My hope is that Holland’s book gains a wide readership and that Christian communities seriously debate and digest it. That said, I want to raise one substantive question. Holland offers mainly a history and, every now and then, a bit of reflection, but one question recurred as I read his narrative: What is Christians ethics? By that I mean, what is the goal of the moral life that Christians believe is incumbent upon all those who claim this faith? Holland’s book presents a fascinating and sweeping vision of Christianity’s effect on a particular civilization. But he prescinds from, self-consciously, the theological question that drives these effects in society. Western society imbibed Christian morals that transformed it, but what will happen if there are no Christians to support those values? If we assume Holland is right about his thesis—that the values of Western civilization are essentially Christian—are these Christian values sustainable without Christians who live them out?

Holland is not terribly clear on this point. He relentlessly points to this religion whose “molten heart” is a crucified man who had a lasting and profound revolutionary effect on society. Even Christianity’s critics judge Christian failures by Christian assumptions, showing the extent to which Christianity has, in a sense, become inescapable. But can Christian ideas of love, sacrifice, care for the weak, humility, and the universal body of Christ be detached from the roots that nourish it? Can one have Christian values without the faith? At times Holland implies that we can and do.

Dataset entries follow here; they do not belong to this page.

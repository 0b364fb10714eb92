-- ===== src/Revisions/Meeting.antt =====
-- Windows that meet each other, as the heads of a list in the order of their times give them.
use queueboard_core.Prelude.{
  ℕ, ◌≡◌, ◌≤◌, refl, sym, ap, ◌∙◌, true, false, Option, none, some, List, [], ◌∷◌, ◌++◌, leb, All,
  is_empty, Bool-cases, inl, inr, arith, leb_iff,
}
use queueboard_core.Prelude.Text.{Text}
use queueboard_core.Prelude.Sorting.{sorted, Ordered, sorted-Ordered, sorted-nonempty, sorted-All}
use queueboard_core.Revisions.Windows.{Window}
use queueboard_core.Revisions.Heads.{Head, seen_before, windows_from, windows_of_heads}

-- A time is not after an end; no time is after the open end.
abbrev pub Reaches : ℕ → Option ℕ → Type 0
Reaches t none = Unit
Reaches t (some end) = t ≤ end

-- The first window starts at `start`, each one ends where the next one starts, the last one ends
-- at `end`, and none ends before it starts.
unfoldable pub Meets : ℕ → List Window → Option ℕ → Type 0
Meets start [] end = ⊥
Meets start (w ∷ []) end = (w.from_ts ≡ start) × (w.to_ts ≡ end) × Reaches w.from_ts end
Meets start (w ∷ v ∷ ws) end =
    (w.from_ts ≡ start)
    × (w.to_ts ≡ some v.from_ts)
    × (w.from_ts ≤ v.from_ts)
    × Meets v.from_ts (v ∷ ws) end

pub Meets-cons :
    (start t : ℕ) (w : Window) (ws : List Window) (end : Option ℕ)
    → w.from_ts ≡ start
    → w.to_ts ≡ some t
    → start ≤ t
    → Meets t ws end
    → Meets start (w ∷ ws) end
unfolding Meets
Meets-cons start t w [] end a b le m = absurd m
Meets-cons start t w (v ∷ []) end a b le m =
    (a, b ∙ ap some (sym m.0), omega (arith, a, m.0, le), (refl, m.1, m.2))
Meets-cons start t w (v ∷ u ∷ ws) end a b le m =
    (a, b ∙ ap some (sym m.0), omega (arith, a, m.0, le), (refl, m.1, m.2, m.3))

pub Meets-append :
    (start t : ℕ) (xs ys : List Window) (end : Option ℕ)
    → Meets start xs (some t)
    → Meets t ys end
    → Meets start (xs ++ ys) end
unfolding Meets
Meets-append start t [] ys end m n = absurd m
Meets-append start t (w ∷ []) ys end m n =
    Meets-cons start t w ys end m.0 m.1 (omega (arith, m.0, m.2)) n
Meets-append start t (w ∷ v ∷ xs) ys end m n =
    Meets-cons start v.from_ts w (v ∷ xs ++ ys) end m.0 m.1 (omega (arith, m.0, m.2))
      (Meets-append v.from_ts t (v ∷ xs) ys end m.3 n)

-- A head is seen between the two times.
abbrev pub Within : ℕ → Option ℕ → Head → Type 0
Within start end h = (leb start h.ts ≡ true) × Reaches h.ts end

-- The heads after the first one are in order, and seen between the two times.
abbrev pub After : ℕ → Option ℕ → List Head → Type 0
After start end [] = ⊥
After start end (h ∷ heads) = All (Within start end) heads × Ordered seen_before heads

windows_from-Meets :
    (end : Option ℕ) (from_ts : ℕ) (sha : Text) (heads : List Head)
    → Reaches from_ts end
    → All (Within from_ts end) heads
    → Ordered seen_before heads
    → Meets from_ts (windows_from end from_ts sha heads) end
unfolding windows_from
windows_from-Meets end from_ts sha [] r a o = unfold Meets in (refl, refl, r)
windows_from-Meets end from_ts sha (h ∷ heads) r a o =
    Meets-cons from_ts h.ts _ (windows_from end h.ts h.sha heads) end refl refl
      ((leb_iff from_ts h.ts).0 a.0.0)
      (windows_from-Meets end h.ts h.sha heads a.0.1 (later h.ts from_ts heads o.0 a.1) o.1)
  where
    later :
        (t start : ℕ) (hs : List Head)
        → All (λ y. leb t y.ts ≡ true) hs
        → All (Within start end) hs
        → All (Within t end) hs
    later t start [] p q = tt
    later t start (y ∷ hs) p q = ((p.0, q.0.1), later t start hs p.1 q.1)

pub windows_of_heads-Meets :
    (end : Option ℕ) (start : ℕ) (heads : List Head)
    → Reaches start end
    → After start end heads
    → Meets start (windows_of_heads end start heads) end
unfolding windows_of_heads
windows_of_heads-Meets end start [] r a = absurd a
windows_of_heads-Meets end start (h ∷ heads) r a =
    windows_from-Meets end start h.sha heads r a.0 a.1

pub sorted_heads : (heads : List Head) → Ordered seen_before (sorted seen_before heads)
sorted_heads =
    sorted-Ordered seen_before (λ x y z p q. ground arith)
      (λ x y. elim (Bool-cases (leb x.ts y.ts)) [ inl p ↦ inl p | inr p ↦ inr (ground arith) ])

-- Heads that are seen between the two times, once they are sorted.
pub sorted-After :
    (start : ℕ) (end : Option ℕ) (heads : List Head)
    → is_empty heads ≡ false
    → All (Within start end) heads
    → After start end (sorted seen_before heads)
sorted-After start end heads e a =
    After-of (sorted seen_before heads) (sorted-nonempty seen_before heads e)
      (sorted-All seen_before (Within start end) heads a) (sorted_heads heads)
  where
    After-of :
        (hs : List Head)
        → is_empty hs ≡ false
        → All (Within start end) hs
        → Ordered seen_before hs
        → After start end hs
    After-of [] n b o = absurd (cc)
    After-of (h ∷ hs) n b o = (b.1, o.1)
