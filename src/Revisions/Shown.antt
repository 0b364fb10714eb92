-- ===== src/Revisions/Shown.antt =====
-- The head that windows show at a time, and the head that was seen last by then.
use queueboard_core.Prelude.{
  ℕ, ◌≡◌, ◌≤◌, refl, sym, ap, ◌∙◌, true, false, Option, none, List, [], ◌∷◌, ltb, leb, leb_iff, All,
  if◌then◌else◌, keep, is_empty, Bool-cases, inl, inr, arith,
}
use queueboard_core.Prelude.Text.{Text, text_eq}
use queueboard_core.Prelude.Sorting.{Ordered}
use queueboard_core.Revisions.Windows.{Window}
use queueboard_core.Revisions.Heads.{Head, seen_before, clamp_heads, windows_of_heads, windows_from}

abbrev pub pre_of : ℕ → List Head → List Head
pre_of start heads = keep (λ h. ltb h.ts start) heads

abbrev pub post_of : ℕ → List Head → List Head
post_of start heads = keep (λ h. leb start h.ts) heads

-- The head of the last window that has started by a time; `sha` if there is none.
unfoldable pub shown_at : ℕ → Text → List Window → Text
shown_at t sha [] = sha
shown_at t sha (w ∷ ws) = shown_at t (if leb w.from_ts t then w.sha else sha) ws

-- The last head that was seen by a time; `sha` if there is none.
unfoldable pub seen_at : ℕ → Text → List Head → Text
seen_at t sha [] = sha
seen_at t sha (h ∷ heads) = seen_at t (if leb h.ts t then h.sha else sha) heads

-- The first head of the list; `sha` if there is none.
abbrev pub first_head : Text → List Head → Text
first_head sha [] = sha
first_head sha (h ∷ heads) = h.sha

pub last_head : Text → List Head → Text
last_head sha [] = sha
last_head sha (h ∷ heads) = last_head h.sha heads

pub shown_at-windows_from :
    (end : Option ℕ) (t from_ts : ℕ) (d sha : Text) (heads : List Head)
    → shown_at t d (windows_from end from_ts sha heads)
      ≡ seen_at t (if leb from_ts t then sha else d) heads
unfolding shown_at windows_from seen_at
shown_at-windows_from end t from_ts d sha [] = refl
shown_at-windows_from end t from_ts d sha (h ∷ heads) =
    shown_at-windows_from end t h.ts (if leb from_ts t then sha else d) h.sha heads

none_before :
    (start t : ℕ) (heads : List Head)
    → start ≤ t
    → All (λ h. leb t h.ts ≡ true) heads
    → pre_of start heads ≡ []
unfolding keep
none_before start t [] le a = refl
none_before start t (h ∷ heads) le a =
    let p : ltb h.ts start ≡ false = let q = a.0 in ground arith in
    rw p (none_before start t heads le a.1)

-- Of heads in order, those that were seen before `start` count by the last one alone.
pub seen_at-split :
    (start t : ℕ) (d : Text) (heads : List Head)
    → start ≤ t
    → Ordered seen_before heads
    → seen_at t d heads ≡ seen_at t (last_head d (pre_of start heads)) (post_of start heads)
unfolding seen_at keep last_head
seen_at-split start t d [] le o = refl
seen_at-split start t d (h ∷ heads) le o = elim (Bool-cases (ltb h.ts start)) [
  | inl p ↦
      let by : leb h.ts t ≡ true = ground arith in
      let early : leb start h.ts ≡ false = ground arith in
      rw (p, by, early) (seen_at-split start t h.sha heads le o.1)
  | inr p ↦
      let late : leb start h.ts ≡ true = ground arith in
      let none = none_before start h.ts heads ((leb_iff start h.ts).0 late) o.0 in
      let step = seen_at-split start t (if leb h.ts t then h.sha else d) heads le o.1 in
      rw (p, late, none) (step ∙ rw none refl)
]

shown_at-clamp_heads :
    (start t : ℕ) (d sha : Text) (h : Head) (pre post ordered : List Head)
    → start ≤ t
    → shown_at t d (windows_of_heads none start (clamp_heads start (h ∷ pre) post ordered))
      ≡ seen_at t (last_head sha (h ∷ pre)) post
unfolding clamp_heads windows_of_heads last_head
shown_at-clamp_heads start t d sha h [] post ordered le =
    shown_at-windows_from none t start d h.sha post
    ∙ (let by : leb start t ≡ true = ground arith in rw by refl)
shown_at-clamp_heads start t d sha h (g ∷ pre) post ordered le =
    shown_at-clamp_heads start t d h.sha g pre post ordered le

pub shown_at-ordered :
    (start t : ℕ) (d : Text) (pre post ordered : List Head)
    → start ≤ t
    → is_empty ordered ≡ false
    → (seen_at t (first_head d ordered) ordered
        ≡ seen_at t (last_head (first_head d ordered) pre) post)
    → shown_at t d (windows_of_heads none start (clamp_heads start pre post ordered))
      ≡ seen_at t (first_head d ordered) ordered
shown_at-ordered start t d [] post [] le e split = absurd (cc)
shown_at-ordered start t d [] post (h ∷ heads) le e split =
    unfold clamp_heads windows_of_heads seen_at in
    shown_at-windows_from none t start d h.sha heads
    ∙ (let by : leb start t ≡ true = ground arith in
        let same : h.sha ≡ (if leb h.ts t then h.sha else h.sha) = ground arith in
        rw by (ap (λ sha. seen_at t sha heads) same))
shown_at-ordered start t d (g ∷ pre) post ordered le e split =
    shown_at-clamp_heads start t d (first_head d ordered) g pre post ordered le ∙ sym split
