-- ===== src/Revisions/Segments.antt =====
-- The segments between the force pushes meet each other.
use queueboard_core.Prelude.{
  ℕ, ◌≡◌, ◌≤◌, refl, sym, subst, ap, ◌∙◌, Bool, none, some, List, [], ◌∷◌, ltb, leb, if◌then◌else◌,
  Bool-cases, inl, inr, arith,
}
use queueboard_core.Prelude.Text.{or_empty}
use queueboard_core.Prelude.Sorting.{Ordered}
use queueboard_core.Revisions.Heads.{
  ForcePush, Segment, segments_after, segments_of, clamp_segments,
}

-- The first segment starts at `start`, each one ends where the next one starts and not before its
-- own start, and the last one is open.
unfoldable pub Joined : ℕ → List Segment → Type 0
Joined start [] = ⊥
Joined start (s ∷ []) = (s.seg_start ≡ start) × (s.seg_end ≡ none)
Joined start (s ∷ r ∷ segments) =
    (s.seg_start ≡ start)
    × (s.seg_end ≡ some r.seg_start)
    × (s.seg_start ≤ r.seg_start)
    × Joined r.seg_start (r ∷ segments)

Joined-cons :
    (start t : ℕ) (s : Segment) (segments : List Segment)
    → s.seg_start ≡ start
    → s.seg_end ≡ some t
    → start ≤ t
    → Joined t segments
    → Joined start (s ∷ segments)
unfolding Joined
Joined-cons start t s [] a b le m = absurd m
Joined-cons start t s (r ∷ []) a b le m =
    (a, b ∙ ap some (sym m.0), omega (arith, a, m.0, le), (refl, m.1))
Joined-cons start t s (r ∷ q ∷ rest) a b le m =
    (a, b ∙ ap some (sym m.0), omega (arith, a, m.0, le), (refl, m.1, m.2, m.3))

-- The order in which the force pushes are read.
abbrev pub pushed_before : ForcePush → ForcePush → Bool
pushed_before a b = leb a.occurred_at b.occurred_at

abbrev pub clamped : ℕ → ℕ → ℕ
clamped start t = if ltb t start then start else t

clamp_segments-Joined :
    (start : ℕ) (ev : ForcePush) (fps : List ForcePush)
    → Ordered pushed_before (ev ∷ fps)
    → Joined (clamped start ev.occurred_at) (clamp_segments start (segments_after (ev ∷ fps)))
unfolding clamp_segments segments_after Joined
clamp_segments-Joined start ev [] o = (refl, refl)
clamp_segments-Joined start ev (next ∷ fps) o =
    let rest = clamp_segments-Joined start next fps o.1 in
    let first = o.0.0 in
    elim (Bool-cases (leb next.occurred_at start)) [
      | inl p ↦ rw p (
          let same : clamped start next.occurred_at ≡ clamped start ev.occurred_at = ground arith in
          subst (λ t. Joined t (clamp_segments start (segments_after (next ∷ fps)))) same rest)
      | inr p ↦ rw p (
          let same : clamped start next.occurred_at ≡ next.occurred_at = ground arith in
          Joined-cons (clamped start ev.occurred_at) next.occurred_at
            (record {
              seg_start = clamped start ev.occurred_at;
              seg_end = some next.occurred_at;
              baseline = or_empty ev.after_sha;
            })
            (clamp_segments start (segments_after (next ∷ fps))) refl refl (ground arith)
            (subst (λ t. Joined t (clamp_segments start (segments_after (next ∷ fps)))) same rest))
    ]

pub segments_of-Joined :
    (start : ℕ) (ev : ForcePush) (fps : List ForcePush)
    → Ordered pushed_before (ev ∷ fps)
    → Joined start (clamp_segments start (segments_of start (ev ∷ fps)))
unfolding segments_of clamp_segments
segments_of-Joined start ev fps o =
    let rest = clamp_segments-Joined start ev fps o in
    let after = clamp_segments start (segments_after (ev ∷ fps)) in
    elim (Bool-cases (leb ev.occurred_at start)) [
      | inl p ↦
          let same : clamped start ev.occurred_at ≡ start = ground arith in
          rw p (subst (λ t. Joined t after) same rest)
      | inr p ↦
          let same : clamped start ev.occurred_at ≡ ev.occurred_at = ground arith in
          rw p (
            Joined-cons start ev.occurred_at
              (record {
                seg_start = clamped start start;
                seg_end = some ev.occurred_at;
                baseline = or_empty ev.before_sha;
              })
              after (ground arith) refl (ground arith) (subst (λ t. Joined t after) same rest))
    ]
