-- ===== src/Revisions/Pushed.antt =====
-- The head that the windows from force pushes show at a time.
use queueboard_core.Prelude.{
  ℕ, ◌≡◌, ◌≤◌, refl, ap, ◌∙◌, true, false, Option, none, some, List, [], ◌∷◌, ◌++◌, leb, All,
  if◌then◌else◌, keep, Bool-cases, inl, inr, arith, keep-All,
}
use queueboard_core.Prelude.Text.{Text, text_eq, or_empty}
use queueboard_core.Prelude.Sorting.{sorted, Ordered, sorted-All, sorted_first}
use queueboard_core.Revisions.Windows.{Window}
use queueboard_core.Revisions.Heads.{
  Head, ForcePush, Segment, seen_before, windows_of_heads, segments_after, segments_of,
  clamp_segments, in_segment, windows_of_segment, windows_of_segments,
}
use queueboard_core.Revisions.Shown.{shown_at, seen_at, shown_at-windows_from}
use queueboard_core.Revisions.Segments.{pushed_before, clamped}

-- The stretch between two pushes that holds a time. Before the creation no stretch starts.
unfoldable pub segment_at : ℕ → ℕ → ℕ → Text → List ForcePush → Segment
segment_at t start lo sha [] = record { seg_start = lo; seg_end = none; baseline = sha }
segment_at t start lo sha (ev ∷ fps) =
    let later = segment_at t start (clamped start ev.occurred_at) (or_empty ev.after_sha) fps in
    if leb ev.occurred_at t
    then later
    else record { seg_start = lo; seg_end = some ev.occurred_at; baseline = sha }

-- The last of the stretch's CI heads that was seen by the time, or else the stretch's own head.
abbrev pub head_in : ℕ → List Head → Segment → Text
head_in t ci s = seen_at t s.baseline (sorted seen_before (keep (in_segment s) ci))

shown_at-append :
    (t : ℕ) (d : Text) (xs ys : List Window)
    → shown_at t d (xs ++ ys) ≡ shown_at t (shown_at t d xs) ys
unfolding shown_at
shown_at-append t d [] ys = refl
shown_at-append t d (w ∷ xs) ys = shown_at-append t (if leb w.from_ts t then w.sha else d) xs ys

seen_at-none :
    (t from_ts : ℕ) (d : Text) (heads : List Head)
    → leb from_ts t ≡ false
    → All (λ h. leb from_ts h.ts ≡ true) heads
    → seen_at t d heads ≡ d
unfolding seen_at
seen_at-none t from_ts d [] e a = refl
seen_at-none t from_ts d (h ∷ heads) e a =
    let late : leb h.ts t ≡ false = let p = a.0 in ground arith in
    rw late (seen_at-none t from_ts d heads e a.1)

-- Before its start a stretch shows nothing, and from then on its head.
shown_at-segment :
    (t : ℕ) (d : Text) (ci : List Head) (s : Segment)
    → shown_at t d (windows_of_segment ci s) ≡ (if leb s.seg_start t then head_in t ci s else d)
unfolding windows_of_segment windows_of_heads
shown_at-segment t d ci s =
    let seen = sorted seen_before (keep (in_segment s) ci) in
    let base : Head = record { sha = s.baseline; ts = s.seg_start } in
    let after : All (λ h. leb s.seg_start h.ts ≡ true) (keep (in_segment s) ci) =
      keep-All (in_segment s) (λ h. leb s.seg_start h.ts ≡ true) (λ h p. ground arith) ci in
    let late =
      sorted-All seen_before (λ h. leb s.seg_start h.ts ≡ true) (keep (in_segment s) ci) after in
    rw (sorted_first seen_before base (keep (in_segment s) ci) late) (
      shown_at-windows_from s.seg_end t s.seg_start d s.baseline seen
      ∙ elim (Bool-cases (leb s.seg_start t)) [
        | inl p ↦ rw p refl
        | inr p ↦ rw p (seen_at-none t s.seg_start d seen p late)
      ])

clamped_by : (start u t : ℕ) → start ≤ t → leb (clamped start u) t ≡ leb u t
clamped_by start u t le = ground arith

-- A stretch after the creation, with the windows that follow it.
shown_at-stretch :
    (start t : ℕ) (d : Text) (ci : List Head) (u : ℕ) (end : Option ℕ) (sha : Text)
    (rest : List Window)
    → start ≤ t
    → let s : Segment = record { seg_start = clamped start u; seg_end = end; baseline = sha } in
      shown_at t d (windows_of_segment ci s ++ rest)
      ≡ shown_at t (if leb u t then head_in t ci s else d) rest
shown_at-stretch start t d ci u end sha rest le =
    let s : Segment = record { seg_start = clamped start u; seg_end = end; baseline = sha } in
    shown_at-append t d (windows_of_segment ci s) rest
    ∙ ap (λ x. shown_at t x rest)
        (shown_at-segment t d ci s
          ∙ ap (λ b. if b then head_in t ci s else d) (clamped_by start u t le))

shown_at-after :
    (start t : ℕ) (ci : List Head) (ev : ForcePush) (fps : List ForcePush) (d : Text)
    → start ≤ t
    → Ordered pushed_before (ev ∷ fps)
    → shown_at t d (windows_of_segments ci (clamp_segments start (segments_after (ev ∷ fps)))) ≡ (
        if leb ev.occurred_at t
        then head_in t ci
            (segment_at t start (clamped start ev.occurred_at) (or_empty ev.after_sha) fps)
        else d)
unfolding windows_of_segments clamp_segments segments_after segment_at
shown_at-after start t ci ev [] d le o =
    shown_at-stretch start t d ci ev.occurred_at none (or_empty ev.after_sha) [] le
    ∙ (unfold shown_at in refl)
shown_at-after start t ci ev (next ∷ fps) d le o =
    let first = o.0.0 in
    elim (Bool-cases (leb next.occurred_at start)) [
      | inl p ↦
          let by : leb next.occurred_at t ≡ true = ground arith in
          let ev_by : leb ev.occurred_at t ≡ true = ground arith in
          rw (p, by, ev_by) (shown_at-after start t ci next fps d le o.1 ∙ rw by refl)
      | inr p ↦ elim (Bool-cases (leb next.occurred_at t)) [
        | inl q ↦
            let ev_by : leb ev.occurred_at t ≡ true = ground arith in
            rw (p, q, ev_by)
              (shown_at-stretch start t d ci ev.occurred_at (some next.occurred_at)
                  (or_empty ev.after_sha) _ le
                ∙ shown_at-after start t ci next fps _ le o.1
                ∙ rw q refl)
        | inr q ↦
            rw (p, q)
              (shown_at-stretch start t d ci ev.occurred_at (some next.occurred_at)
                  (or_empty ev.after_sha) _ le
                ∙ shown_at-after start t ci next fps _ le o.1
                ∙ rw q refl)
      ]
    ]

pub shown_at-pushes :
    (start t : ℕ) (d : Text) (ci : List Head) (ev : ForcePush) (fps : List ForcePush)
    → start ≤ t
    → Ordered pushed_before (ev ∷ fps)
    → shown_at t d (windows_of_segments ci (clamp_segments start (segments_of start (ev ∷ fps))))
      ≡ head_in t ci (segment_at t start start (or_empty ev.before_sha) (ev ∷ fps))
unfolding windows_of_segments clamp_segments segments_of segment_at
shown_at-pushes start t d ci ev fps le o =
    let own : clamped start start ≡ start = ground arith in
    let started : leb start t ≡ true = ground arith in
    elim (Bool-cases (leb ev.occurred_at start)) [
      | inl p ↦
          let by : leb ev.occurred_at t ≡ true = ground arith in
          rw (p, by) (shown_at-after start t ci ev fps d le o ∙ rw by refl)
      | inr p ↦ elim (Bool-cases (leb ev.occurred_at t)) [
        | inl q ↦
            rw (p, q)
              (shown_at-stretch start t d ci start (some ev.occurred_at) (or_empty ev.before_sha) _
                  le
                ∙ shown_at-after start t ci ev fps _ le o
                ∙ rw q refl)
        | inr q ↦
            rw (p, q)
              (shown_at-stretch start t d ci start (some ev.occurred_at) (or_empty ev.before_sha) _
                  le
                ∙ shown_at-after start t ci ev fps _ le o
                ∙ rw (q, started, own) refl)
      ]
    ]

The secular or non-Christian response is clearly yes. Christian-inspired morality can be upheld and lived out in secular Europe, and some would argue lived out better, than in the Christian Europe of old. Visit Europe today and you might be tempted to agree. But to the extent we believe that Christianity is a religion of salvation, being born anew, being brought from death to life, union with Christ, transformation by the Holy Spirit, life lived before God (coram Deo)—our answer has to be no. Christian ethics cannot be about merely upholding and claiming certain values that flow from the Christian faith. That would be to mistake the fruit from the tree. The very center of the Christian life is not what the cross teaches us morally but what the cross did for us in atoning for our sins and bringing us from life to death in the resurrection of Jesus from the dead. The transformation of the person from death to life and the ultimate union with the Triune God in the City of God is the goal of all Christians. Their works of mercy and sacrifice for neighbor and their culture-building over millennia are a testament of this transforming power. We make a mistake if we think the fruit is the goal or that we can separate the fruit from the tree that produced it.

Augustine, looking back at Romans’ great deeds and virtues, captures this truth. To the naked eye, the Romans were an impressive people because they sacrificed their lives for the good of the city and performed great deeds, even when it cost them their lives, in order to uphold their highest standards of honor and bravery. Augustine acknowledges that this example should in fact challenge Christians to imitate this mindset. But these great deeds, though seemingly magnificent, are nothing compared to the faith and seemingly insignificant deeds of Christians because Christian virtue is aimed at pleasing God and loving neighbor. “However much we may praise and proclaim the virtue which serves the glory of men without true godliness, it is not for one moment to be compared with even the first and least virtue of the saints who have placed their hope in the grace and mercy of the true God” (City of God V.19). Roman virtue has the appearance of virtue, but inwardly it was aimed at achieving worldly glory and domination. Likewise, any Christian values that have the appearance of mercy, dignity, and humility will, eventually, become distorted or destructive if they are not properly ordered by the love of God.